Обвинений там много, и главное — Кравченко якобы берет взятки от заключенных-больных. Сказано, что за деньги фальсифицируются диагнозы, больных снимают с этапов, направляют на медосвидетельствование и оставляют в больнице на длительный срок. Суммы взяток не озвучиваются, обстоятельства, при которых их дают, — тоже.
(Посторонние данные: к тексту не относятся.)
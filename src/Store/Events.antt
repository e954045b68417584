-- ===== src/Store/Events.antt =====
-- src/state/state_store.cpp, the table `run_events`: `append_event` and `events_after`. `J` stands
-- for the JSON values, `dump` for `dump_json` and `parse` for `parse_object_or_empty`.
pub mod Order
use runi.Prelude.{
  ℕ, zero, suc, ◌+◌, max, Bool, true, false, ◌&&◌, ◌||◌, not, List, [], ◌∷◌, ◌++◌, map, Bytes,
  bytes, eq_bytes, mem, ltb, leb, ◌==◌, if◌then◌else◌,
}
use runi.Error.{Error, Result, success, failure, ◌>>=◌, ◌>>◌}
use runi.Store.Engine.{Fault, Engine, statement, execute, column_text, sqlite_error}

-- A row of the table.
pub record EventRow : Type 0 where
  pub run_id : Bytes
  pub sequence : ℕ
  pub event_type : Bytes
  pub payload_json : Bytes
  pub created_at : Bytes

pub record RuntimeEvent (J : Type 0) : Type 0 where
  pub run_id : Bytes
  pub sequence : ℕ
  pub event_type : Bytes
  pub payload : J
  pub created_at : Bytes

-- `COALESCE(MAX(sequence), 0) ... WHERE run_id = ?`.
unfoldable pub last_sequence : Bytes → List EventRow → ℕ
last_sequence run_id [] = 0
last_sequence run_id (row ∷ rows) =
    let rest = last_sequence run_id rows in
    if eq_bytes row.run_id run_id then max row.sequence rest else rest

-- The primary key.
unfoldable pub has_event : Bytes → ℕ → List EventRow → Bool
has_event run_id sequence [] = false
has_event run_id sequence (row ∷ rows) =
    (eq_bytes row.run_id run_id && (row.sequence == sequence)) || has_event run_id sequence rows

-- The second statement of the transaction, and its commit; `run_ids` is the column `id` of the runs.
unfoldable pub insert_event :
    Engine → List Bytes → EventRow → List EventRow → Result (List EventRow)
unfolding statement execute sqlite_error has_event
insert_event engine run_ids row rows =
    statement (engine.fault 2) (bytes "event_append_failed")
      (bytes "Could not append runtime event")
    >> ((if mem row.run_id run_ids && not (has_event row.run_id row.sequence rows)
          then success tt
          else failure (
              sqlite_error (bytes "event_append_failed") (bytes "Could not append runtime event")
                engine.constraint))
        >> (execute (engine.fault 3) >> success (rows ++ row ∷ [])))

abbrev pub event_row : Bytes → ℕ → Bytes → Bytes → Bytes → EventRow
event_row run_id sequence event_type payload_json now = record {
  run_id = run_id;
  sequence = sequence;
  event_type = event_type;
  payload_json = payload_json;
  created_at = now;
}

module _ {J : Type 0} where
  unfoldable pub appended :
      List EventRow
      → EventRow
      → J
      → Result (List EventRow)
      → List EventRow × Result (RuntimeEvent J)
  appended rows row payload (failure error) = (rows, failure error)
  appended rows row payload (success inserted) = (
    inserted,
    success (record {
      run_id = row.run_id;
      sequence = row.sequence;
      event_type = row.event_type;
      payload = payload;
      created_at = row.created_at;
    }),
  )

  -- `append_event`, at the time `now`.
  unfoldable pub append_event :
      (J → Bytes)
      → Engine
      → List Bytes
      → Bytes
      → Bytes
      → J
      → Bytes
      → List EventRow
      → List EventRow × Result (RuntimeEvent J)
  unfolding last_sequence insert_event appended statement execute
  append_event dump engine run_ids run_id event_type payload now rows =
      let row = event_row run_id (last_sequence run_id rows + 1) event_type (dump payload) now in
      appended rows row payload (
        execute (engine.fault 0)
        >> (statement (engine.fault 1) (bytes "event_sequence_failed")
              (bytes "Could not allocate runtime event sequence")
            >> insert_event engine run_ids row rows))

  -- The columns of one row.
  abbrev pub read_event : (Bytes → J) → EventRow → RuntimeEvent J
  read_event parse row = record {
    run_id = column_text row.run_id;
    sequence = row.sequence;
    event_type = column_text row.event_type;
    payload = parse (column_text row.payload_json);
    created_at = column_text row.created_at;
  }

-- `WHERE run_id = ? AND sequence > ?`.
unfoldable pub events_of : Bytes → ℕ → List EventRow → List EventRow
events_of run_id sequence [] = []
events_of run_id sequence (row ∷ rows) =
    let rest = events_of run_id sequence rows in
    if eq_bytes row.run_id run_id && ltb sequence row.sequence then row ∷ rest else rest

-- `ORDER BY sequence ASC`.
unfoldable pub insert_in_order : EventRow → List EventRow → List EventRow
insert_in_order row [] = row ∷ []
insert_in_order row (first ∷ rows) =
    if leb row.sequence first.sequence then row ∷ first ∷ rows else first ∷ insert_in_order row rows

unfoldable pub in_order : List EventRow → List EventRow
unfolding insert_in_order
in_order [] = []
in_order (row ∷ rows) = insert_in_order row (in_order rows)

unfoldable pub events_after :
    {J : Type 0} → (Bytes → J) → Engine → Bytes → ℕ → List EventRow → Result (List (RuntimeEvent J))
unfolding statement in_order events_of
events_after parse engine run_id sequence rows =
    statement (engine.fault 0) (bytes "event_read_failed") (bytes "Could not read runtime events")
    >> success (map (read_event parse) (in_order (events_of run_id sequence rows)))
— Ни к кому из женщин Кравченко никогда не приставал, — сказала мне сотрудница (Ф. И. О. просила не упоминать). — Мы даже посмеялись, когда нас стали о таком спрашивать во время разных проверок. Он семьянин, у него трое несовершеннолетних детей, самому маленькому три года. Ну и все остальное очень уж бредово звучит. Ну, например, про то, что Кравченко давал нам взаймы деньги, а потом мы оказывались от него в зависимости и выполняли его поручения. Такое даже комментировать трудно. Тем более мы же автора жалобы отлично знаем…
И тем не менее это обращение стало поводом для проверки. Какие-то нарушения нашли (а их не может не быть с учетом проблем больницы). Но информация ни о принуждении к сексу, ни о якобы имевших место взятках не подтвердилась.
В итоге врачи немного успокоились. Больница заработала в обычном режиме.
— До Кравченко доходили слухи о том, что по нему «работают», — рассказывает один из сотрудников. — Но он только смеялся: «А за что меня сажать?» Мы все тоже в итоге выдохнули. Сажать доктора, на наш взгляд, действительно совершенно не за что.
19 января 2022 года.
СМИ облетела новость о задержании главврача тюремной больницы Александра Кравченко. Следствие ему вменило сразу две статьи УК — «Получение взятки» и «Превышение должностных полномочий».
Почему решено было задержать Кравченко в начале этого года, если доносы на него написали намного раньше? Неужели выбирали самый удобный момент? И для чего?
На самом деле если кто-то действительно специально подбирал наилучший момент, то этот «кто-то» не прогадал. Московские СИЗО переполнены. В «Матросской Тишине» заключенные спят на полу (нет даже раскладушек). При этом десятки людей с тяжелыми заболеваниями точно могли бы остаться дома до приговора. И все эти несчастные тяжелобольные теперь точно знают: шансов на диагностику, лечение и уж тем более «актировку» у них фактически нет. А значит, единственный способ выжить — признать свою вину (впрочем, даже это не всегда гарантирует свободу). Такое положение дел пришлось как нельзя кстати в период, когда руководители силовых структур и Генпрокуратуры озаботились повышением раскрываемости.